- What the exercise asks: Retype, exactly as they appear below, the lines between the line holding "Broker/Lock.antt (_acquire_file_lock) and" and the line holding "and Admission.antt (assess);", both ends included.

- The input:
-- ===== src/Lib.antt =====
-- Desktop PC24x7 runtime: a model of the program in scripts/ and the theorems that make it correct.
--
-- The program keeps one Windows host under control. A supervisor probes the host's services and
-- recovers them; a watchdog keeps the GitHub runner and the remote desktop alive; an administrative
-- broker takes commands from the comments of one GitHub issue, and keeps itself up to date. A reading of
-- the capacity is admitted by an issue and claimed at most once by a file in the audit root.
-- - scripts/runtime_health_supervisor.py: Supervisor/Config.antt (validate_config), Supervisor/Cycle.antt
--   (run_cycle and its loop: visit is one turn, visit_all the loop) and Supervisor/Targets.antt
--   (probe_target and recover_target, as functions of the machine's state). The state file is a table of
--   entries by the target's name. Supervisor/Breaker.antt runs one cycle after the other (run_cycles): a
--   cycle that raises ends its process before the state is written, so the next one goes on from the
--   old state, and what it did before it raised is counted nowhere.
-- - scripts/desktop_admin_broker.py: Broker/Comment.antt (authorize_comment) and Broker/Process.antt
--   (process_once: classify and follow are one turn of its loop, and the journal lists what a pass
--   writes, runs and publishes, in its order). A crash is a journal that is cut off; the clock is read
--   anew for each comment.
-- - scripts/pc24x7_rdc_recovery.py: Rdc/Claim.antt (read_headless_claim, and read_rdc_claim of the watchdog),
--   Rdc/Recover.antt (recover and what it calls), Rdc/Ownership.antt (its refusals and its wait),
--   Rdc/Headless.antt and Rdc/Proven.antt (what a recovery has done).
-- - scripts/pc24x7_host_policy.py: HostPolicy.antt.
-- - scripts/desktop_control_plane_watchdog.py: Watchdog/Host.antt and Watchdog/Site.antt (what it calls),
--   Watchdog/Version.antt, Watchdog/Environment.antt, Watchdog/Runner.antt (start_runner and the
--   snapshots; stop_runner is in Runner/Stop.antt), Watchdog/Cycle.antt (cycle; the watchdog runs the
--   recovery script of the remote desktop), Watchdog/Orphan.antt (register_task_from_metadata),
--   Watchdog/Stopping.antt (the watchdog's lock and stop_watchdog_task) and Watchdog/Install.antt
--   (load_installed_metadata; install is in Install/Installer.antt).
-- - scripts/desktop_admin_broker.py, continued: Broker/Activation.antt (metadata.json, its lock, its
--   repair and the rollback), Broker/Refresh.antt (_self_refresh) and Broker/Actions.antt (the recoveries;
--   execute_action is in Actions/Execute.antt) and
--   Broker/Watch.antt (watch, with the status of its heartbeat); Broker/Lock.antt (_acquire_file_lock) and
--   Broker/Installation.antt (load_installed_metadata; the task in Installation/Scheduler.antt, the fallback
--   at logon in Autostart.antt, register_task_from_metadata in Register.antt).
-- - scripts/desktop_gitlab_capacity_admission.py, desktop_gitlab_capacity_claim.py and
--   desktop_gitlab_capacity_claim_status.py (also in scripts/): a request for one reading of the host's
--   capacity is an issue of the owner. Capacity/Issue.antt, Event.antt, Head.antt and Admission.antt (assess);
--   Capacity/Metadata.antt, File.antt and Claim.antt (claim; its main is in Claim/Main.antt, and the
--   steps of several processes in Claim/Once.antt), Root.antt (windows_private_root); Capacity/Status.antt (inspect). The audit root
--   is a table of the claims' bytes by request.
-- All files share Prelude.antt (numbers, texts, lists, dicts), Json.antt (what json.loads returns, for
-- non-negative whole numbers), Result.antt (exceptions as values) and Text.antt (the functions of
-- Python on texts and times, which are parameters).
--
-- What a script calls outside (processes, files, the network, the clock, Python's functions on texts)
-- is a parameter: a record of functions, of which a theorem assumes nothing that it does not name.
-- Where a pass or a cycle calls such a function at most once for an argument, a function of that
-- argument says all that the world can answer. Exceptions are values that carry their class and
-- message; messages that no code reads are shortened to their fixed part. Dates are instants in
-- microseconds, and other times are numbers of one unit. A wait takes fuel, more than the polls
-- that fit into its time: 26 for the twelve seconds of the remote desktop's claim at half a second, 31
-- for the thirty seconds of a runner's start at a second, and 31 for the fifteen seconds of its stop at
-- half a second; 3602 and 122 for the 900 and the 30 seconds of the broker's locks at a quarter of a second, and
-- 121 for the at most thirty of the watchdog's lock and of its task's stop. The repair of metadata.json makes three attempts, as the code does; the loop of
-- the broker's watch is cut off by an interrupt after any number of turns. Every other loop runs over
-- a list.
--
-- Not modelled: most main functions, argument parsing and logging; the Windows, Docker and GitHub interfaces;
-- the scripts that PROJECT.json lists as not modelled.
pub mod Prelude
pub mod Json
pub mod Result
pub mod Effect
pub mod Text
pub mod Supervisor
pub mod Rdc
pub mod HostPolicy
pub mod Watchdog
pub mod Capacity
pub mod Broker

- Reply:
--   Broker/Watch.antt (watch, with the status of its heartbeat); Broker/Lock.antt (_acquire_file_lock) and
--   Broker/Installation.antt (load_installed_metadata; the task in Installation/Scheduler.antt, the fallback
--   at logon in Autostart.antt, register_task_from_metadata in Register.antt).
-- - scripts/desktop_gitlab_capacity_admission.py, desktop_gitlab_capacity_claim.py and
--   desktop_gitlab_capacity_claim_status.py (also in scripts/): a request for one reading of the host's
--   capacity is an issue of the owner. Capacity/Issue.antt, Event.antt, Head.antt and Admission.antt (assess);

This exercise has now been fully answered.